The listing below holds a line with "unfoldable pub set_req_body" and a later line with "clear_uri ob = record". Write out those two lines and every line between them, exactly, and nothing else.

> Records to process
-*-
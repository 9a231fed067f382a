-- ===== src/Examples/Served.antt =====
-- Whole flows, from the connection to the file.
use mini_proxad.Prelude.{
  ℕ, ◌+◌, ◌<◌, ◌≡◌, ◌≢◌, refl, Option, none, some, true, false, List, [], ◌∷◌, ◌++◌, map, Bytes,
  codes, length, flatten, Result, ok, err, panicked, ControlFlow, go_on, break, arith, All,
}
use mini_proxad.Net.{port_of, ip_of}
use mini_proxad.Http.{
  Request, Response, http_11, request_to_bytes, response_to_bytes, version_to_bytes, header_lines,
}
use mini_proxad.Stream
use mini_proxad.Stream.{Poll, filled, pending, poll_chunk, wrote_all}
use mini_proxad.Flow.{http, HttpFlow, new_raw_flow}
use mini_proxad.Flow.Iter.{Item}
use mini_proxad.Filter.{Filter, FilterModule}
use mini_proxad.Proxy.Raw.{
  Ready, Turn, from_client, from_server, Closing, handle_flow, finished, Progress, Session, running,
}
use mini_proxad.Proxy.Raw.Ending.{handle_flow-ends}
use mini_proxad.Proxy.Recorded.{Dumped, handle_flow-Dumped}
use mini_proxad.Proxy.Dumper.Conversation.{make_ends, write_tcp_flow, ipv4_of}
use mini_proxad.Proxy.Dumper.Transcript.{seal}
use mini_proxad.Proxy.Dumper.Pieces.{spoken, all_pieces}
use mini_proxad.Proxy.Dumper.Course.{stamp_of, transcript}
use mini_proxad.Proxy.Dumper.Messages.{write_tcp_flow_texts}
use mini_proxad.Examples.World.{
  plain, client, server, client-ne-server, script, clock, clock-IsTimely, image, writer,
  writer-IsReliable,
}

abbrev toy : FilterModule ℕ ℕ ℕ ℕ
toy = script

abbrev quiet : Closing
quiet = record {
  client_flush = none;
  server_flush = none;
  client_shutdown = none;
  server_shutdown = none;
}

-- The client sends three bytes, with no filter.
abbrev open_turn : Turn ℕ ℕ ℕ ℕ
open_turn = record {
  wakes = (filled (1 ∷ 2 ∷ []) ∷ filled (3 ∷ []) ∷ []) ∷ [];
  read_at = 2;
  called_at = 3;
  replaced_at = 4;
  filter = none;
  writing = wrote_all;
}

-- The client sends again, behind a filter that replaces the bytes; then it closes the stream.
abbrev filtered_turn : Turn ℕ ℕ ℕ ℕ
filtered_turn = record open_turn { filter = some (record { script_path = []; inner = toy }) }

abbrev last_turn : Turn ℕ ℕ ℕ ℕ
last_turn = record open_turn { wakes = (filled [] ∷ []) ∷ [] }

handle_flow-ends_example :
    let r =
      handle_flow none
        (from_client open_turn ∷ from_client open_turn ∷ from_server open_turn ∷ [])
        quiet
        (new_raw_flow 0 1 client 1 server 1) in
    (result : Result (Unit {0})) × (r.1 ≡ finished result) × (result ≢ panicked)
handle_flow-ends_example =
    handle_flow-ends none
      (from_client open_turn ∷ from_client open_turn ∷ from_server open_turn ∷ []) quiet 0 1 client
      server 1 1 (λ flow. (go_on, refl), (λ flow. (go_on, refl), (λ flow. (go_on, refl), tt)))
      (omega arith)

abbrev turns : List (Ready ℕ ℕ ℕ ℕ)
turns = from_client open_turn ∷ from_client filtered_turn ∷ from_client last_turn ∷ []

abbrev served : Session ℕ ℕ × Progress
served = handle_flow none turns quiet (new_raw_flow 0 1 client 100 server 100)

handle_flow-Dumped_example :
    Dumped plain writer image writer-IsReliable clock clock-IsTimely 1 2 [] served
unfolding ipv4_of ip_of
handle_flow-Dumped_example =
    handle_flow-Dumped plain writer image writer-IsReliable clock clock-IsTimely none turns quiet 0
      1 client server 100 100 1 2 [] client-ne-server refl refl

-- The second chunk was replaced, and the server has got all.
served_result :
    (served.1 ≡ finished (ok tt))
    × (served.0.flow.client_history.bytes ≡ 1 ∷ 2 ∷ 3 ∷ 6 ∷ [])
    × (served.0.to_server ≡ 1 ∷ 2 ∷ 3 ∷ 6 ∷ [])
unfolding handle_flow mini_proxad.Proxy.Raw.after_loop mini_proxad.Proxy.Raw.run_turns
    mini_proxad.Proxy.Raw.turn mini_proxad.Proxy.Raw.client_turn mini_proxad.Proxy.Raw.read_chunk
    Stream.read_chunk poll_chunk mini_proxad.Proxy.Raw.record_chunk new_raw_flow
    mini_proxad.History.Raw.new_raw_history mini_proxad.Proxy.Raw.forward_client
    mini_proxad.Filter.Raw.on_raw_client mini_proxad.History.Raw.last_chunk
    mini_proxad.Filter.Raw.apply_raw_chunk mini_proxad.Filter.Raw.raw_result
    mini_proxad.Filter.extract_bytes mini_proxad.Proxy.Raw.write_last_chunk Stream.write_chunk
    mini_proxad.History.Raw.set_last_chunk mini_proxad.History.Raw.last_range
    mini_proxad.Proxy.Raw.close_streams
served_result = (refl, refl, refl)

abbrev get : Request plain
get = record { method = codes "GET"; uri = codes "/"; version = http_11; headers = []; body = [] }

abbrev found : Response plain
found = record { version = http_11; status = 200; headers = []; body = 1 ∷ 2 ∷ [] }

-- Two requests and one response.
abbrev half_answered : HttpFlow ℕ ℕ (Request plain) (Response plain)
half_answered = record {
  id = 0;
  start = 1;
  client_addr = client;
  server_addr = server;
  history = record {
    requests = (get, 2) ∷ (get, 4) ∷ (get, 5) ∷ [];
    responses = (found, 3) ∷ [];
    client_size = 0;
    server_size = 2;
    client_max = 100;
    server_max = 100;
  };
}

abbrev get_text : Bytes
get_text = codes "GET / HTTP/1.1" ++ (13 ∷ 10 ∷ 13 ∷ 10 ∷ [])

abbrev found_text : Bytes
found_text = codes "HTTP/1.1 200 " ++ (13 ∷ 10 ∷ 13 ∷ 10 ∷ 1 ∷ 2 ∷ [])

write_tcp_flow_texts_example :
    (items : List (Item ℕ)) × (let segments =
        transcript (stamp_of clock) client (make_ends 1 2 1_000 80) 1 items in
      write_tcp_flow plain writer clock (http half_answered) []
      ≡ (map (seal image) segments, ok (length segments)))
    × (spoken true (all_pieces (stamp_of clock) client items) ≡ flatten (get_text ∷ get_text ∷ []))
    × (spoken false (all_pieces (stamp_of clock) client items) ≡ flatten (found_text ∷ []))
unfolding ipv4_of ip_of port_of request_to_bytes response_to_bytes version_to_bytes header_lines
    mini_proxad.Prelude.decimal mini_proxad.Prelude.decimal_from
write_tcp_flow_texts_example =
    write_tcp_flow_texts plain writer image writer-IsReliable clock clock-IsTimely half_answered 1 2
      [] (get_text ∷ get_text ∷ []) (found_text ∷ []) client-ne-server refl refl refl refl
-*-
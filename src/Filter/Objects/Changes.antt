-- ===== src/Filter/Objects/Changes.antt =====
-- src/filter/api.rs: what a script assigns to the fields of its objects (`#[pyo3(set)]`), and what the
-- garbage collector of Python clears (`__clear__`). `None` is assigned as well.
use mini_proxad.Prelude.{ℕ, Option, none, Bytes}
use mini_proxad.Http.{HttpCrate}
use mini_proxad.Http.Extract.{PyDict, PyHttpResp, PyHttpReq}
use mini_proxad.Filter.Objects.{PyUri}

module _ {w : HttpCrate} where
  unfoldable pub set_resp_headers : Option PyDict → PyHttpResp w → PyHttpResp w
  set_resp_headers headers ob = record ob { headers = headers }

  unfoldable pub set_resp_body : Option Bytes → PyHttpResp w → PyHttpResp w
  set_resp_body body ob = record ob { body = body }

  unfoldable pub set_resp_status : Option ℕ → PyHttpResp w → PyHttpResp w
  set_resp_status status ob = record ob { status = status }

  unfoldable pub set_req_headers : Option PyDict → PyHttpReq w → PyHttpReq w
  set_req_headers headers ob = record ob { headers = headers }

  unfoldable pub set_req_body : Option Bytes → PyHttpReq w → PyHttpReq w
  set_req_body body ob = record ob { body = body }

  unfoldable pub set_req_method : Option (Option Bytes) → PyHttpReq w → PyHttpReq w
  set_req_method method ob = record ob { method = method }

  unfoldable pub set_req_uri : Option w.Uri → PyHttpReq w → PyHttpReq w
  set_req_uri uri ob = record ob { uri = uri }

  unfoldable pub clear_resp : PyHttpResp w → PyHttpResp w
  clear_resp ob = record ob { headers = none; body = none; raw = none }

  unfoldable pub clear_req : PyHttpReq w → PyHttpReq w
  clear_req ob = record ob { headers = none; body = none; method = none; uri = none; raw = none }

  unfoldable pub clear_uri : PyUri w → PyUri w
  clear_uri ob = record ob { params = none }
-*-
> Output for this exercise
  unfoldable pub set_req_body : Option Bytes → PyHttpReq w → PyHttpReq w
  set_req_body body ob = record ob { body = body }

  unfoldable pub set_req_method : Option (Option Bytes) → PyHttpReq w → PyHttpReq w
  set_req_method method ob = record ob { method = method }

  unfoldable pub set_req_uri : Option w.Uri → PyHttpReq w → PyHttpReq w
  set_req_uri uri ob = record ob { uri = uri }

  unfoldable pub clear_resp : PyHttpResp w → PyHttpResp w
  clear_resp ob = record ob { headers = none; body = none; raw = none }

  unfoldable pub clear_req : PyHttpReq w → PyHttpReq w
  clear_req ob = record ob { headers = none; body = none; method = none; uri = none; raw = none }

  unfoldable pub clear_uri : PyUri w → PyUri w
  clear_uri ob = record ob { params = none }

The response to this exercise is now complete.